“You’re Too Sensitive”: Rewriting the Crybaby Script for You and Your Child
When I was a kid, I got called a crybaby. I don’t think it was a lot. And I’m not even sure who used that term.
But for whatever reason, I internalized it.
I believed that my tears were a problem. That my sensitivity was “extra”. That my emotional reactions made me less worthy, less lovable, and certainly less tolerable to be around.
So I did what a lot of sensitive kids do. I got good at holding it in. I tried to be “low maintenance.” I tried to laugh it off when I was hurting. And I believed the idea that big feelings were bad, and that I had too many of them.
Fast forward a few decades (and some serious unlearning) and I now know something radical:
I wasn’t too sensitive. I was the exact right amount of sensitive. For me.

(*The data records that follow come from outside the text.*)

-- ===== src/Tool/Reply.antt =====
-- src/tool/reply.rs: the recipients, the subject and the threading of a reply.
pub mod Recipients
use nexo_plugin_email.Base.{
  Str, Bool, true, false, not, ◌&&◌, Option, none, some, List, [], ◌∷◌, ◌++◌, map, any, filter_by,
  leb, if◌then◌else◌, codes, trim_start, is_whitespace, to_ascii_lowercase, str_eq, byte_len,
  slice_to, eq_ignore_ascii_case,
}
use nexo_plugin_email.Dispatcher.{DispatcherCore, Moment, EnqueueResult, enqueue_for_instance}
use nexo_plugin_email.Events.{EmailMeta, AddressEntry, OutboundCommand, OutboundAttachmentRef}
use nexo_plugin_email.MimeBuild.{MimeLib}
use nexo_plugin_email.OutboundQueue.{Storage}
use nexo_plugin_email.Reload.{EmailAccountConfig, find_account}
use nexo_plugin_email.Threading.{enrich_reply_threading}

-- `[]` for an empty address
unfoldable pub to_of : Str → List Str
to_of [] = []
to_of (c ∷ s) = (c ∷ s) ∷ []

abbrev pub is_empty_text : Str → Bool
is_empty_text [] = true
is_empty_text (c ∷ s) = false

-- what is left by the three filters
unfoldable pub is_other : Str → Str → Str → Bool
unfolding str_eq to_ascii_lowercase
is_other own from s =
    not (is_empty_text s) && not (eq_ignore_ascii_case s own) && not (eq_ignore_ascii_case s from)

-- the `retain` with the addresses seen so far
unfoldable pub dedupe : List Str → List Str → List Str
unfolding any str_eq to_ascii_lowercase
dedupe seen [] = []
dedupe seen (s ∷ rest) =
    let dropped = dedupe seen rest in
    let kept = dedupe (s ∷ seen) rest in
    if any (λ p. eq_ignore_ascii_case p s) seen then dropped else s ∷ kept

unfoldable pub cc_of : Bool → EmailMeta → Str → List Str
unfolding is_other dedupe filter_by
cc_of false parent own_address = []
cc_of true parent own_address = dedupe [] (
    filter_by (is_other own_address parent.from.address)
      (map (λ (a : AddressEntry). a.address) (parent.to ++ parent.cc)))

unfoldable pub derive_reply_recipients : EmailMeta → Bool → Str → List Str × List Str
unfolding to_of cc_of
derive_reply_recipients parent reply_all own_address =
    (to_of parent.from.address, cc_of reply_all parent own_address)

-- `none` is the panic of the slice of the first three bytes
unfoldable pub prefix_re : Str → Option Str
unfolding trim_start is_whitespace byte_len slice_to str_eq to_ascii_lowercase
prefix_re subject =
    let trimmed = trim_start is_whitespace subject in
    if leb 3 (byte_len trimmed)
    then elim (slice_to 3 trimmed) [
      | none ↦ none
      | some head ↦
          some
            (if eq_ignore_ascii_case head (codes "re:") then subject else codes "Re: " ++ subject)
    ]
    else some (codes "Re: " ++ subject)

pub record ReplyArgs : Type 0 where
  pub instance_id : Str
  pub body : Str
  pub reply_all : Bool
  pub attachments : List OutboundAttachmentRef

-- The answer; `threading_panicked` and `subject_panicked` stand for the two calls that can panic.
pub data ReplyAnswer : Type 0 where
  unknown_account no_parent no_recipient subject_panicked threading_panicked : ReplyAnswer
  replied : EnqueueResult → List Str → List Str → ReplyAnswer

abbrev pub reply_command : ReplyArgs → List Str → List Str → Str → OutboundCommand
reply_command args to cc subject = record {
  to = to;
  cc = cc;
  bcc = [];
  subject = subject;
  body = args.body;
  in_reply_to = none;
  references = [];
  attachments = args.attachments;
  message_id = none;
}

module _ (io : Storage) (lib : MimeLib) where
  -- from the threaded command on
  unfoldable pub enqueue_reply :
      ReplyArgs
      → Moment
      → DispatcherCore
      → List Str
      → List Str
      → Option OutboundCommand
      → ReplyAnswer
  unfolding enqueue_for_instance
  enqueue_reply args moment core to cc none = threading_panicked
  enqueue_reply args moment core to cc (some cmd) =
      replied (enqueue_for_instance io lib args.instance_id cmd moment core) to cc

  -- from the subject on
  unfoldable pub thread_reply :
      ReplyArgs
      → EmailMeta
      → Moment
      → DispatcherCore
      → List Str
      → List Str
      → Option Str
      → ReplyAnswer
  unfolding enqueue_reply enrich_reply_threading
  thread_reply args parent moment core to cc none = subject_panicked
  thread_reply args parent moment core to cc (some subject) =
      enqueue_reply args moment core to cc
        (enrich_reply_threading parent (reply_command args to cc subject))

  -- from the recipients on
  unfoldable pub reply_to :
      ReplyArgs → EmailMeta → Moment → DispatcherCore → List Str × List Str → ReplyAnswer
  unfolding thread_reply prefix_re
  reply_to args parent moment core ([], cc) = no_recipient
  reply_to args parent moment core (a ∷ to, cc) =
      thread_reply args parent moment core (a ∷ to) cc (prefix_re parent.subject)

  -- the fetched and parsed parent is an argument; `none` is an error of either
  unfoldable pub run_reply :
      List EmailAccountConfig → ReplyArgs → Option EmailMeta → Moment → DispatcherCore → ReplyAnswer
  unfolding find_account reply_to derive_reply_recipients
  run_reply accounts args parent moment core = elim (find_account args.instance_id accounts) [
    | none ↦ unknown_account
    | some account ↦ elim parent [
      | none ↦ no_parent
      | some meta ↦
          reply_to args meta moment core
            (derive_reply_recipients meta args.reply_all account.address)
    ]
  ]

If your child cries easily, gets overwhelmed in loud spaces, melts down “for no reason,” or takes things so personally, there’s a good chance they’re the exact right amount of sensitive too.
Here’s the thing about parenting complicated kids: Their behavior—especially their big emotional reactions—can push buttons you didn’t know you had. It can awaken stories you were told about your own emotions, especially if those stories sounded like:
“You’re overreacting.”
“Calm down!”
“Don’t be so dramatic.”
“You’re so sensitive.”
Sound familiar?
That’s not an accident.
When our kids behave in ways that we were shamed or punished for, it can stir up everything we haven’t healed yet. Suddenly, we’re not just reacting to their tears. We’re reacting to our own childhood hurt. Our own vulnerability. Our own fear that maybe we’re still “too much.” (remember that triad from last week? yep!)
This is the unspoken part of raising complicated kids. They don’t just challenge parenting strategies. They challenge our internalized narratives. They hold up a mirror, and sometimes we don’t like what we see. Not because our kids are bad and doing anything wrong, but because we’re still holding shame about the very same traits.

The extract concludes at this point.